For years I have been using JavaScript’s `Math.sin()` and `Math.cos()` to create games, animations and interactive graphs on the `<canvas>` element. But how do Sine and Cosine work? I had to know…

## TLDR;

Don’t like reading? Click the image below to see the code running on Github pages: ## Bad Weekend

I was having a bad weekend. I was frustrated with whatever I was working on during the week, and I had got it into my head that I was possibly the worst programmer I had ever met.

(I don’t know about you, but find it pretty easy to beat myself up if I can’t figure out “the next best thing” without trying.)

So the second stupid thing I got into my head, was that the only solution to overcoming my woes was to understand how Sine and Cosine worked, as quickly as possible.

## The Rules

I felt like if I could re-create the Sine and Cosine functions using only simple math operators, then I would “know” where the magic was, thank God.

• Add `+`
• Subtract `-`
• Multiply `*`
• Divide `/`

## The Research

I hit up all the usual suspects: Wikipedia, MathOverflow, and Reddit Mathematics; and as usual, I got assaulted with more indecipherable squirrely symbols.

Surprisingly, Quora seemed to have a good start on things. Math Samurai “David Joyce” went to the effort of explaining the Math quite clearly. But I still didn’t get it.

Eventually, I stumbled upon a treasure-trove of intuitive math information from Kalid Azad at BetterExplained.com. (You have to read this guy’s website, it’s AMAZING!). His article on the Intuitive Understand of Sine Waves was the exact information I needed. I had to re-read it, a lot, but it finally clicked! ## Learning a Few Things

It became apparent that rolling-my-own Sine and Cosine functions with basic math operators would require “rolling-a-few-more-of-my-own” math functions than I had expected.
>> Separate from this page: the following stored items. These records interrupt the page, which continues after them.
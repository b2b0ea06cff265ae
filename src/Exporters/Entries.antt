-- ===== src/Exporters/Entries.antt =====
-- The bodies of the loops over the outputs: what an output adds to the exporters of a kind. An
-- output without that kind, or for which no tenant is found, is skipped.
use telemetry_controller.Prelude.{String, Bool, Option, none, some, ◌⧺◌, if◌then◌else◌}
use telemetry_controller.Api.{
  Output, output_name, OutputAuth, Authentication, Tenant, OtlpGrpc, OtlpHttp, Fluentforward,
  Elasticsearch, AwsS3,
}
use telemetry_controller.Cluster.{ok, err}
use telemetry_controller.Components.{
  ResourceRelations, find_tenant_for_output, get_exporter_name_for_output, exporter_for,
}
use telemetry_controller.Values.{Value, config}
use telemetry_controller.Json.Exporters.{file_fields}
use telemetry_controller.Exporters.Queue.{QueueWrapper}
use telemetry_controller.Exporters.Wrappers.{
  map_to_otlp_grpc_wrapper, otlp_grpc_wrapper_fields, map_to_otlp_http_wrapper,
  otlp_http_wrapper_fields, map_to_fluent_forward_wrapper, fluent_forward_wrapper_fields,
  map_to_elasticsearch_wrapper, elasticsearch_wrapper_fields, map_to_aws_s3_wrapper,
  aws_s3_wrapper_fields,
}

-- The name of an exporter and its values.
abbrev pub Entry : Type 0
Entry = String × Value

-- The queue, with the storage of a tenant whose files are persisted.
unfoldable pub with_storage : Tenant → QueueWrapper → QueueWrapper
with_storage t q =
    if (let spec = t.spec in
      let persistence = spec.persistence_config in persistence.enable_file_storage)
    then record q { storage = some ("file_storage/" ⧺ t.name) }
    else q

authenticator : String → Output → Option Authentication
authenticator kind o = some (record { authenticator_id = some (kind ⧺ o.namespace ⧺ "_" ⧺ o.name) })

auth_of : Output → OutputAuth → Option Authentication → Option Authentication
auth_of o a before = elim a.basic_auth [
  | some _ ↦ authenticator "basicauth/" o
  | none ↦ elim a.bearer_auth [ some _ ↦ authenticator "bearertokenauth/" o | none ↦ before ]
]

-- The reference to the extension that authenticates, in place of what the settings say.
unfoldable pub with_auth : Output → Option Authentication → Option Authentication
unfolding auth_of authenticator
with_auth o before = elim (let spec = o.spec in spec.authentication) [
  | none ↦ before
  | some a ↦ auth_of o a before
]

unfoldable pub for_tenant : ResourceRelations → Output → (Tenant → Entry) → Option Entry
for_tenant r o entry = elim (find_tenant_for_output r (output_name o)) [
  | err e ↦ none
  | ok t ↦ some (entry t)
]

-- `if settings != nil`
unfoldable pub each : {A : Type 0} → Option A → (A → Option Entry) → Option Entry
each none body = none
each (some a) body = body a

-- What an output adds, for the tenant that is found.
unfoldable pub otlp_grpc_body : Output → OtlpGrpc → Tenant → Entry
otlp_grpc_body o a t =
    let w = map_to_otlp_grpc_wrapper a in
    let c = w.grpc_client_config in
    (
      get_exporter_name_for_output o,
      config (
          otlp_grpc_wrapper_fields (record w {
            queue_config = with_storage t w.queue_config;
            grpc_client_config = record c { auth = with_auth o c.auth };
          })),
    )

unfoldable pub otlp_grpc_entry : ResourceRelations → Output → Option Entry
unfolding each for_tenant otlp_grpc_body
otlp_grpc_entry r o =
    each (let spec = o.spec in spec.otlp_grpc) (λ a. for_tenant r o (otlp_grpc_body o a))

unfoldable pub otlp_http_body : (String → String) → Output → OtlpHttp → Tenant → Entry
otlp_http_body opaque o a t =
    let w = map_to_otlp_http_wrapper a in
    let c = w.http_client_config in
    (
      get_exporter_name_for_output o,
      config (
          otlp_http_wrapper_fields opaque (record w {
            queue_config = with_storage t w.queue_config;
            http_client_config = record c { auth = with_auth o c.auth };
          })),
    )

unfoldable pub otlp_http_entry : (String → String) → ResourceRelations → Output → Option Entry
unfolding each for_tenant otlp_http_body
otlp_http_entry opaque r o =
    each (let spec = o.spec in spec.otlp_http) (λ a. for_tenant r o (otlp_http_body opaque o a))

unfoldable pub fluentforward_body : Bool → Output → Fluentforward → Tenant → Entry
fluentforward_body is_axoflow_distribution o a t =
    let w = map_to_fluent_forward_wrapper a is_axoflow_distribution in
    (
      exporter_for "fluentforwardexporter" o,
      config (
          fluent_forward_wrapper_fields
            (record w { queue_config = with_storage t w.queue_config })),
    )

unfoldable pub fluentforward_entry : Bool → ResourceRelations → Output → Option Entry
unfolding each for_tenant fluentforward_body
fluentforward_entry is_axoflow_distribution r o =
    each (let spec = o.spec in spec.fluentforward)
      (λ a. for_tenant r o (fluentforward_body is_axoflow_distribution o a))

unfoldable pub file_entry : Output → Option Entry
unfolding each
file_entry o =
    each (let spec = o.spec in spec.file)
      (λ f. some (exporter_for "file" o, config (file_fields f)))

unfoldable pub elasticsearch_body : Output → Elasticsearch → Tenant → Entry
elasticsearch_body o a t =
    let w = map_to_elasticsearch_wrapper a in
    (
      get_exporter_name_for_output o,
      config (
          elasticsearch_wrapper_fields
            (record w { queue_config = with_storage t w.queue_config; auth = with_auth o w.auth })),
    )

unfoldable pub elasticsearch_entry : ResourceRelations → Output → Option Entry
unfolding each for_tenant elasticsearch_body
elasticsearch_entry r o =
    each (let spec = o.spec in spec.elasticsearch) (λ a. for_tenant r o (elasticsearch_body o a))

unfoldable pub aws_s3_body : Output → AwsS3 → Tenant → Entry
aws_s3_body o a t =
    let w = map_to_aws_s3_wrapper a in
    (
      get_exporter_name_for_output o,
      config (aws_s3_wrapper_fields (record w { queue_config = with_storage t w.queue_config })),
    )

unfoldable pub aws_s3_entry : ResourceRelations → Output → Option Entry
unfolding each for_tenant aws_s3_body
aws_s3_entry r o = each (let spec = o.spec in spec.aws_s3) (λ a. for_tenant r o (aws_s3_body o a))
Taking account of the damage:

• Powers
• Factorials
• Infinite Series
• Restoring Forces

To truly understand how Sine and Cosine work, it will help to first understand what these math functions do. Let us take a quik look.

## Understanding Powers

Probably the easiest to understand is the power. A Power is a number, multiplied by itself. The number that we want to multiply is called the “base”. And the value that we want to multiply it by, is called the “exponent” or the “power”.

Powers are often represented in code with a circumflex character, for example, `base ^ power` or `2 ^ 3`, which is the same as saying “two-to-the-third” or “2 to the 3rd power”.

Lets run through some examples: `2^1` (two-to-the-power-of-one), is “two”; which is the same as saying: two times one equals two.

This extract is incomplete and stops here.